Example microscopic sample:
If you look closely, you will see very unobvious oval shapes at the 5 o’clock direction in the middle of the bottom half of the image — that is the egg!
Step 1 — Building the Dataset
Before training a model, the dataset needs to be labelled.
Each egg in the image must be manually annotated with a bounding box. I’ve been lucky enough to have 10 images at the time and it didn’t take me long to label them myself (although the first time I really thought those water bubbles were the eggs … quite embarrassed for my presentation of primary findings …)
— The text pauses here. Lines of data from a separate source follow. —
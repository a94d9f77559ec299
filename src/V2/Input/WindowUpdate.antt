-- ===== src/V2/Input/WindowUpdate.antt =====
-- source/v2/engine.cpp: a WINDOW_UPDATE frame for a stream, as `encode_window_update_frame` writes it,
-- arrives.
use stunning_waddle.Base.{
  ℕ, ◌%◌, ◌^◌, ◌<◌, ◌≡◌, refl, ap, ◌∙◌, ◌&&◌, [], ◌∷◌, ◌++◌, some, arith, if◌then◌else◌, pos, ◌+ℤ◌,
  ◌==◌, ltb_ℤ,
}
use stunning_waddle.Event.{plain_event, stream_window_available}
use stunning_waddle.Frame.{
  FrameHeader, window_update, make_header, write_frame_header, encode_window_update_frame,
  frame_type_of, frame_type_byte, word_bytes,
}
use stunning_waddle.Frame.Layout.{IsWire, header_bytes, write_frame_header-eq}
use stunning_waddle.FrameParser.Defs.{call_header, call_payload}
use stunning_waddle.FrameParser.OneFrame.{frame_end}
use stunning_waddle.V2.State.{
  Engine, stream_send_window, queue_event, set_flow_state, notify_stream_window_available,
}
use stunning_waddle.V2.Receive.{
  running, handle_frame_header, handle_payload_chunk, handle_window_update, when_whole, opens,
  update_stream_window,
}
use stunning_waddle.V2.Receive.Windows.{handle_window_update-stream, handle_window_update-word}
use stunning_waddle.V2.Input.{callbacks, header_callback, payload_callback, input_end}
use stunning_waddle.V2.Input.Session.{IsWaiting, parse-frame, input_end-parse}

abbrev window_update_header : ℕ → FrameHeader
window_update_header id = record {
  length_ = 4;
  type = window_update;
  flags = 0;
  stream_id = id;
  reserved = 0;
}

window_update-IsWire : (id : ℕ) → id < 2 ^ 31 → IsWire (window_update_header id)
unfolding frame_type_of frame_type_byte
window_update-IsWire id h = record {
  length_fits = omega arith;
  type_named = refl;
  stream_fits = h;
  reserved_zero = refl;
}

window_update_call :
    (e : Engine) (id n : ℕ)
    → let h = window_update_header id in
      call_payload callbacks h (word_bytes n) (call_header callbacks h (running e))
      ≡ (4, running (handle_window_update e id (word_bytes n)))
unfolding call_header header_callback handle_frame_header call_payload payload_callback
    handle_payload_chunk when_whole word_bytes
window_update_call e id n = refl

encode_window_update_frame-eq :
    (id n : ℕ)
    → id < 2 ^ 31
    → n < 2 ^ 31
    → encode_window_update_frame [] id n ≡ header_bytes (window_update_header id) ++ word_bytes n
unfolding encode_window_update_frame
encode_window_update_frame-eq id n h k =
    ap (λ m. write_frame_header [] (make_header 4 window_update 0x00 id) ++ word_bytes m) small
    ∙ ap (λ x. write_frame_header [] x ++ word_bytes n) same
    ∙ ap (λ d. d ++ word_bytes n) (write_frame_header-eq [] (window_update_header id))
  where
    small : n % 2 ^ 31 ≡ n
    small = omega arith

    same : make_header 4 window_update 0x00 id ≡ window_update_header id
    same = unfold make_header in ground arith

handle_window_update-state :
    (e : Engine) (id n : ℕ)
    → 0 < id
    → 0 < n
    → n < 2 ^ 31
    → (handle_window_update e id (word_bytes n)).state ≡ e.state
unfolding update_stream_window notify_stream_window_available queue_event set_flow_state
handle_window_update-state e id n h k l = rw (handle_window_update-word e id n k l) (ground arith)

-- The peer gives credit to a stream. A WINDOW_UPDATE frame that `encode_window_update_frame` wrote for
-- a stream and a positive increment, given whole to an engine that waits for a frame, raises the
-- send window of that stream by the increment, and no other window; `stream_window_available` is
-- queued exactly if that opens the window while the connection's is open.
pub input_end-encode_window_update_frame :
    (s : Engine) (id n : ℕ)
    → IsWaiting s
    → 0 < id
    → id < 2 ^ 31
    → 0 < n
    → n < 2 ^ 31
    → let old = stream_send_window s id in
      (s' : Engine) × (input_end s (encode_window_update_frame [] id n) ≡ some (running s'))
      × ((k : ℕ)
          → stream_send_window s' k ≡ (if id == k then old +ℤ pos n else stream_send_window s k))
      × (s'.event_queue ≡ (
          if opens old (old +ℤ pos n) && ltb_ℤ (pos 0) s.connection_send_window
          then s.event_queue ++ (plain_event id stream_window_available ∷ [])
          else s.event_queue))
      × (s'.connection_send_window ≡ s.connection_send_window)
      × IsWaiting s'
unfolding stream_send_window
input_end-encode_window_update_frame s id n w h k l o =
    let header = window_update_header id in
    let s1 : Engine = record s { input_buffer = header_bytes header ++ word_bytes n } in
    let e : Engine = handle_window_update s1 id (word_bytes n) in
    (
      record e { parser = frame_end s.parser header; input_buffer = [] },
      ap (λ b. input_end s b) (encode_window_update_frame-eq id n k o)
          ∙ input_end-parse s _ _ w.open_ w.drained
          ∙ parse-frame s1 e header (word_bytes n) w.idle (window_update-IsWire id k)
              (unfold word_bytes in refl) (unfold word_bytes in omega arith)
              (window_update_call s1 id n ∙ unfold word_bytes in refl),
      λ i. (handle_window_update-stream s1 id n i h l o).0,
      (handle_window_update-stream s1 id n 0 h l o).1,
      (handle_window_update-stream s1 id n 0 h l o).2,
      record {
        open_ = handle_window_update-state s1 id n h l o ∙ w.open_;
        idle = record { awaits = refl; fresh = refl };
        drained = refl;
      },
    )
Annotations were stored in Pascal VOC XML format, which commonly used for the model training, it includes:
- object class
- bounding box coordinates
- image dimensions
Step 2 — Choosing a Detection Model
For this project, I experimented with several detection approaches:
- OpenCV-based detection (baseline — which obviously didn’t do very well)
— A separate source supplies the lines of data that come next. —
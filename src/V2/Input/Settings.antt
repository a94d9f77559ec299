-- ===== src/V2/Input/Settings.antt =====
-- source/v2/engine.cpp: a SETTINGS frame, as `encode_settings_frame` writes it, arrives.
use stunning_waddle.Base.{
  ℕ, ◌*◌, ◌^◌, ◌<◌, ◌≡◌, refl, sym, ap, ◌∙◌, true, false, List, [], ◌∷◌, ◌++◌, some, Bytes, length,
  arith, ltb, leb, pos, ◌+ℤ◌, ◌-ℤ◌, All,
}
use stunning_waddle.Frame.{
  FrameHeader, Setting, settings, make_header, write_frame_header, encode_settings_frame,
  settings_bytes, setting_bytes, frame_type_of, frame_type_byte, word_bytes,
}
use stunning_waddle.Frame.Layout.{IsWire, header_bytes, write_frame_header-eq}
use stunning_waddle.FrameParser.Defs.{call_header, call_payload}
use stunning_waddle.FrameParser.OneFrame.{frame_end}
use stunning_waddle.V2.State.{Engine, stream_send_window, maybe_invoke_output_ready}
use stunning_waddle.V2.Receive.{
  running, handle_frame_header, handle_payload_chunk, handle_settings_payload, when_whole, is_ack,
}
use stunning_waddle.V2.Input.{callbacks, header_callback, payload_callback, input_end}
use stunning_waddle.V2.Input.Session.{IsWaiting, parse-frame, input_end-parse}
use stunning_waddle.V2.Receive.Settings.{
  IsWireSetting, last_size, applied, applied-Shifted, handle_settings_payload-applied,
}

abbrev pub settings_header : ℕ → FrameHeader
settings_header size = record {
  length_ = size;
  type = settings;
  flags = 0;
  stream_id = 0;
  reserved = 0;
}

pub settings_header-IsWire : (size : ℕ) → size < 2 ^ 24 → IsWire (settings_header size)
unfolding frame_type_of frame_type_byte
settings_header-IsWire size h = record {
  length_fits = h;
  type_named = refl;
  stream_fits = omega arith;
  reserved_zero = refl;
}

length-settings_bytes :
    (entries : List Setting) → length (settings_bytes entries) ≡ length entries * 6
unfolding settings_bytes setting_bytes word_bytes
length-settings_bytes [] = refl
length-settings_bytes (s ∷ entries) = omega (arith, length-settings_bytes entries)

encode_settings_frame-eq :
    (entries : List Setting)
    → length entries * 6 < 2 ^ 24
    → encode_settings_frame [] entries false
      ≡ header_bytes (settings_header (length entries * 6)) ++ settings_bytes entries
unfolding encode_settings_frame
encode_settings_frame-eq entries h =
    ap (λ d. d ++ settings_bytes entries)
      (ap (λ x. write_frame_header [] x) same
        ∙ write_frame_header-eq [] (settings_header (length entries * 6)))
  where
    same : make_header (length entries * 6) settings 0x00 0 ≡ settings_header (length entries * 6)
    same = unfold make_header in ground arith

-- The engine behind the header of a SETTINGS frame.
abbrev pub settled : Engine → Engine
settled e =
    maybe_invoke_output_ready
      (record e { pending_out = encode_settings_frame e.pending_out [] true })

settled-kept :
    (e : Engine)
    → ((settled e).pending_out ≡ encode_settings_frame e.pending_out [] true)
      × ((settled e).peer_initial_window_size ≡ e.peer_initial_window_size)
      × ((settled e).connection_send_window ≡ e.connection_send_window)
      × ((settled e).stream_flow_states ≡ e.stream_flow_states)
      × ((settled e).state ≡ e.state)
unfolding maybe_invoke_output_ready
settled-kept e = ground arith

settled-windows : (e : Engine) (k : ℕ) → stream_send_window (settled e) k ≡ stream_send_window e k
unfolding maybe_invoke_output_ready stream_send_window
settled-windows e k = ground arith

settled-applied :
    (e : Engine) (entries : List Setting)
    → let e' = applied (settled e) entries in
      let size = last_size e.peer_initial_window_size entries in
      (e'.pending_out ≡ encode_settings_frame e.pending_out [] true)
      × (e'.peer_initial_window_size ≡ size)
      × ((k : ℕ)
          → stream_send_window e' k
            ≡ stream_send_window e k +ℤ (pos size -ℤ pos e.peer_initial_window_size))
      × (e'.connection_send_window ≡ e.connection_send_window)
      × (e'.state ≡ e.state)
settled-applied e entries =
    let (out, size, connection, _, state) = settled-kept e in
    let sh = applied-Shifted entries (settled e) in
    (
      sh.output ∙ out,
      sh.new_size ∙ ap (λ n. last_size n entries) size,
      λ k.
          sh.windows k
          ∙ ap
              (λ w.
                w
                +ℤ (pos (last_size (settled e).peer_initial_window_size entries)
                    -ℤ pos (settled e).peer_initial_window_size))
              (settled-windows e k)
          ∙ ap (λ n. stream_send_window e k +ℤ (pos (last_size n entries) -ℤ pos n)) size,
      sh.connection ∙ connection,
      sh.state ∙ state,
    )

pub settings_call :
    (e : Engine) (size : ℕ)
    → call_header callbacks (settings_header size) (running e) ≡ running (settled e)
unfolding call_header header_callback handle_frame_header is_ack
settings_call e size = refl

payload_call :
    (e : Engine) (payload : Bytes)
    → 0 < length payload
    → call_payload callbacks (settings_header (length payload)) payload (running e)
      ≡ (length payload, running (handle_settings_payload e payload))
unfolding call_payload payload_callback handle_payload_chunk when_whole
payload_call e payload positive = rw (some_byte, call_payload) (rw whole refl)
  where
    some_byte : ltb 0 (length payload) ≡ true
    some_byte = ground arith

    whole : leb (length payload) (length payload) ≡ true
    whole = ground arith

-- The peer changes its settings. A SETTINGS frame that `encode_settings_frame` wrote, of one setting at
-- least and without the ACK flag, given whole to an engine that waits for a frame, is answered with
-- an ACK frame behind the output. The last initial window size among the settings, if there is
-- one, is that of the peer from then on, and the send window of every stream has moved by the
-- difference to the old size; the connection's send window stays. Nothing is left over, and the
-- engine waits for the next frame.
pub input_end-encode_settings_frame :
    (s : Engine) (entries : List Setting)
    → IsWaiting s
    → 0 < length entries
    → length entries * 6 < 2 ^ 24
    → All IsWireSetting entries
    → let size = last_size s.peer_initial_window_size entries in
      (s' : Engine) × (input_end s (encode_settings_frame [] entries false) ≡ some (running s'))
      × (s'.pending_out ≡ encode_settings_frame s.pending_out [] true)
      × (s'.peer_initial_window_size ≡ size)
      × ((k : ℕ)
          → stream_send_window s' k
            ≡ stream_send_window s k +ℤ (pos size -ℤ pos s.peer_initial_window_size))
      × (s'.connection_send_window ≡ s.connection_send_window)
      × IsWaiting s'
unfolding stream_send_window
input_end-encode_settings_frame s entries w positive small wire =
    let payload = settings_bytes entries in
    let size : length entries * 6 ≡ length payload = sym (length-settings_bytes entries) in
    let h = settings_header (length payload) in
    let s1 : Engine = record s { input_buffer = header_bytes h ++ payload } in
    let some_byte : 0 < length payload = omega arith in
    let (output, new_size, windows, connection, state) = settled-applied s1 entries in
    (
      record (applied (settled s1) entries) { parser = frame_end s.parser h; input_buffer = [] },
      ap (λ b. input_end s b)
            (encode_settings_frame-eq entries small
              ∙ ap (λ n. header_bytes (settings_header n) ++ payload) size)
          ∙ input_end-parse s _ _ w.open_ w.drained
          ∙ parse-frame s1 (applied (settled s1) entries) h payload w.idle
              (settings_header-IsWire (length payload) (omega arith)) refl some_byte
              (ap (λ r. call_payload callbacks h payload r) (settings_call s1 (length payload))
                ∙ payload_call (settled s1) payload some_byte
                ∙ ap (λ e. (length payload, running e))
                    (handle_settings_payload-applied entries (settled s1) wire)),
      output,
      new_size,
      windows,
      connection,
      record {
        open_ = state ∙ w.open_;
        idle = record { awaits = refl; fresh = refl };
        drained = refl;
      },
    )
- Faster R-CNN (one of the more established models at the time. The name sounds cool and there are lots of GitHub repos and examples to reference)
- YOLO object detection models (one of the most popular detection frameworks. There’s a lot of good community support around it. I had access to YOLOv8 at the time and experimented with a few different versions — I think I ended up mainly using v5 and v8 for comparison)
Step 3 — Training the Model
The dataset was organised into the typical machine learning structure:
dataset/
train/
val/
test/
During training, the model learns to recognise patterns such as:
- egg shape
- edges
- texture
- size relative to background particles
Example training output:
Epoch 1: Loss = 0.83
Epoch 5: Loss = 0.36
Epoch 10: Loss = 0.14
As training progresses, the model gradually improves its ability to identify eggs.
Step 4 — Running Detection
Once trained, the model predicts bounding boxes for eggs.
Example result:

- Green boxes: model predictions
- Blue boxes: ground truth annotations
Evaluating the Model
To measure detection performance, several standard computer vision metrics are used.
Intersection over Union (IoU)
Measures how closely predicted boxes match the true boxes.
IoU = area of overlap / area of union
Precision
How many detected eggs are correct.
Precision = True Positives / (True Positives + False Positives)
Recall
How many real eggs the model successfully finds.
Recall = True Positives / (True Positives + False Negatives)
Example results:
Precision: 0.91
Recall: 0.88
F1 Score: 0.89
These numbers suggest the model can detect most eggs while maintaining a relatively low false positive rate.
The Hardest Part: Background Noise
One surprising challenge in this project was the amount of visual noise in microscopic images.
Things that can confuse the model include:
- dust
- debris
- air bubbles
- irregular particles
Like the one below – can you even spot the egg if the annotation wasn’t there?

In those cases, the increased sample size and application of strong augmentation made a significance difference.
Where only part of the nematode egg is visible (we call this image occlusion), not all models cope the same. YOLO with strong augmentation or larger pre-trained models (v8m) handles these cases better, whereas Faster R-CNN can struggle.

What I Learned From This Project
Working on this project reinforced several lessons about real-world machine learning.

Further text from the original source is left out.